There is a guy lives near me and he's now got 2. I think he's owned LH Weims for quite a while because I remember seeing him with them years ago when I was much younger. At the time I didnt know they existed either until I saw his.


----------



## smokeybear

WCGB - The Longhaired Weimaraner

There are one or two about the place................


----------



## Leanne77

Lol, knew you wouldnt be far away where LH Weims are mentioned SB!


----------



## Weimerlover

Leanne77 said:


> There is a guy lives near me and he's now got 2. I think he's owned LH Weims for quite a while because I remember seeing him with them years ago when I was much younger. At the time I didnt know they existed either until I saw his.


I wonder if it is Lisa, as she lives in Nottingham, she has three at the moment and a lab! I know her OH walks them as well.
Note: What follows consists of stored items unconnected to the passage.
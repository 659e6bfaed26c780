-- ===== src/Router/Updates.antt =====
-- What `add` and `remove` of oximqtt/src/router.rs change: one relation, of a client to a filter.
use oximqtt.Base.{
  ◌≡◌, refl, ◌∙◌, Bool, true, false, ◌&&◌, Option, none, some, [], ◌∷◌, ok, arith, if◌then◌else◌,
  Bool-cases, Option-cases, Result-cases, inl, inr,
}
use oximqtt.Base.Bytes.{Bytes, bytes_eq, bytes_eq_iff}
use oximqtt.Base.Maps.{Map, lookup, set, unset, bytes_key, lookup-set, IsMap-set, lookup-unset}
use oximqtt.Topic.{Topic, from_str}
use oximqtt.Trie
use oximqtt.Counter
use oximqtt.Subscription.{IdData, id_eq, SubscriptionOptions}
use oximqtt.Router.{
  DefaultRouter, unit_ord, Relations, or_empty, is_none, is_empty, add, add_parsed, remove_enable,
  remove_filter, without, remove,
}
use oximqtt.Router.Keys.{IsValid, filter-parsed}

-- The abstract view of the router: who is subscribed to what.
abbrev pub relation : Bytes → Bytes → DefaultRouter → Option (IdData × SubscriptionOptions)
relation f c r = lookup c (or_empty (lookup f r.relations))

-- `add` sets the relation of its client to its filter and leaves every other as it was.
pub relation-add :
    (f g c : Bytes) (id : IdData) (opts : SubscriptionOptions) (r r' : DefaultRouter)
    → add f id opts r ≡ ok r'
    → relation g c r'
      ≡ (if bytes_eq f g && bytes_eq id.client_id c then some (id, opts) else relation g c r)
unfolding add add_parsed
relation-add f g c id opts r r' h = elim (Result-cases (from_str f)) [
  | inr (e, p) ↦ ground arith
  | inl (t, p) ↦
      let q : add_parsed f t id opts r ≡ r' = ground arith in
      let rels = or_empty (lookup f r.relations) in
      rw (← q) (
        ground (
          arith,
          lookup-set f g (set id.client_id (id, opts) rels) r.relations,
          lookup-set id.client_id c (id, opts) rels,
          bytes_eq_iff f g,
        ))
]

-- The session that asks is the one that made the relation.
abbrev pub owns : Bytes → IdData → DefaultRouter → Bool
owns f id r = elim (relation f id.client_id r) [ none ↦ false | some old ↦ id_eq old.0 id ]

-- What is left of the router where the last relation of a filter goes.
abbrev pub pruned : Bytes → Topic → Bytes → Relations → DefaultRouter → DefaultRouter
pruned f t c rels r = record {
  topics = (Trie.remove t tt r.topics).0;
  topics_count = Counter.dec r.topics_count;
  relations = unset f (set f (unset c rels) r.relations);
  relations_count = Counter.dec r.relations_count;
}

-- The branches of `remove` in a valid router.
pub data Removed (f : Bytes) (id : IdData) (r : DefaultRouter) : Type 0 where
  refused : owns f id r ≡ false → remove f id r ≡ (ok false, r) → Removed f id r
  one_less :
      (rels : Relations)
      → lookup f r.relations ≡ some rels
      → owns f id r ≡ true
      → is_empty (unset id.client_id rels) ≡ false
      → remove f id r ≡ (ok true, without f id.client_id rels r)
      → Removed f id r
  last_one :
      (rels : Relations) (t : Topic)
      → lookup f r.relations ≡ some rels
      → owns f id r ≡ true
      → is_empty (unset id.client_id rels) ≡ true
      → from_str f ≡ ok t
      → remove f id r ≡ (ok true, pruned f t id.client_id rels r)
      → Removed f id r

remove_filter_lem :
    (f c : Bytes) (rels : Relations) (r : DefaultRouter) (t : Topic)
    → from_str f ≡ ok t
    → remove_filter f (without f c rels r) ≡ (ok true, pruned f t c rels r)
unfolding remove_filter
remove_filter_lem f c rels r t p =
    let q : is_none (lookup f (set f (unset c rels) r.relations)) ≡ false =
      ground (arith, lookup-set f f (unset c rels) r.relations, bytes_eq_iff f f) in
    rw (remove_filter, p, q) refl

pub removed : (f : Bytes) (id : IdData) (r : DefaultRouter) → IsValid r → Removed f id r
unfolding remove lookup
removed f id r v = elim (Option-cases (lookup f r.relations)) [
  | inl e ↦ refused (rw (owns, e) refl) (rw (remove, e) refl)
  | inr (rels, e) ↦ elim (Bool-cases (remove_enable id rels)) [
    | inr b ↦ refused (rw (owns, e) b) (rw (remove, e, b) refl)
    | inl b ↦ elim (Bool-cases (is_empty (unset id.client_id rels))) [
      | inr h ↦ one_less rels e (rw (owns, e) b) h (rw (remove, e, b, h) refl)
      | inl h ↦
          let (t, p) = filter-parsed f rels r v e in
          last_one rels t e (rw (owns, e) b) h p
            (rw (remove, e, b, h) (remove_filter_lem f id.client_id rels r t p))
    ]
  ]
]

lookup-is_empty : {A : Type 0} (c : Bytes) (m : Map Bytes A) → is_empty m ≡ true → lookup c m ≡ none
unfolding lookup
lookup-is_empty c [] h = refl
lookup-is_empty c (x ∷ m) h = absurd (ground arith)

relation-without :
    (f g c d : Bytes) (rels : Relations) (r : DefaultRouter)
    → IsValid r
    → lookup f r.relations ≡ some rels
    → relation g c (without f d rels r)
      ≡ (if bytes_eq f g && bytes_eq d c then none else relation g c r)
relation-without f g c d rels r v e = ground (
  arith,
  lookup-unset d c rels (v.inner f rels e).0,
  lookup-set f g (unset d rels) r.relations,
  bytes_eq_iff f g,
)

relation-pruned :
    (f g c d : Bytes) (t : Topic) (rels : Relations) (r : DefaultRouter)
    → IsValid r
    → lookup f r.relations ≡ some rels
    → is_empty (unset d rels) ≡ true
    → relation g c (pruned f t d rels r)
      ≡ (if bytes_eq f g && bytes_eq d c then none else relation g c r)
relation-pruned f g c d t rels r v e h = ground (
  arith,
  lookup-unset d c rels (v.inner f rels e).0,
  lookup-is_empty c (unset d rels) h,
  lookup-set f g (unset d rels) r.relations,
  lookup-unset f g (set f (unset d rels) r.relations)
      (IsMap-set f (unset d rels) r.relations v.outer),
  bytes_eq_iff f g,
)

-- In a valid router `remove` answers whether the session owns the relation, and takes that relation
-- away if it does; it leaves every other as it was.
pub relation-remove :
    (f g c : Bytes) (id : IdData) (r : DefaultRouter)
    → IsValid r
    → ((remove f id r).0 ≡ ok (owns f id r))
      × (relation g c (remove f id r).1 ≡ (
          if bytes_eq f g && (bytes_eq id.client_id c && owns f id r)
          then none
          else relation g c r))
relation-remove f g c id r v = elim (removed f id r v) [
  | refused o q ↦ rw (q, o) (refl, ground arith)
  | one_less rels e o h q ↦
      rw (q, o) (refl, relation-without f g c id.client_id rels r v e ∙ ground arith)
  | last_one rels t e o h p q ↦
      rw (q, o) (refl, relation-pruned f g c id.client_id t rels r v e h ∙ ground arith)
]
She has had them for years.


----------



## Leanne77

Well, funny you should mention that as i've seen this guy also walking a black lab and a LHW, then saw him walking just 2 LHW's the other day so prob is the same person. As I hadnt seen him for a while I figured the lab must have died.


----------



## sianrees1979

he's beautiful, never seen a long haired one before but weimaraner's are gorgeous dogs


----------



## Weimerlover

Leanne77 said:


> Well, funny you should mention that as i've seen this guy also walking a black lab and a LHW, then saw him walking just 2 LHW's the other day so prob is the same person. As I hadnt seen him for a while I figured the lab must have died.


It must be! If you see them again, you should say is that Della, Cassie or Ezzie! lol! Black lab is Gus! The two older dogs have been poorly of late, so may not be walked so much.


----------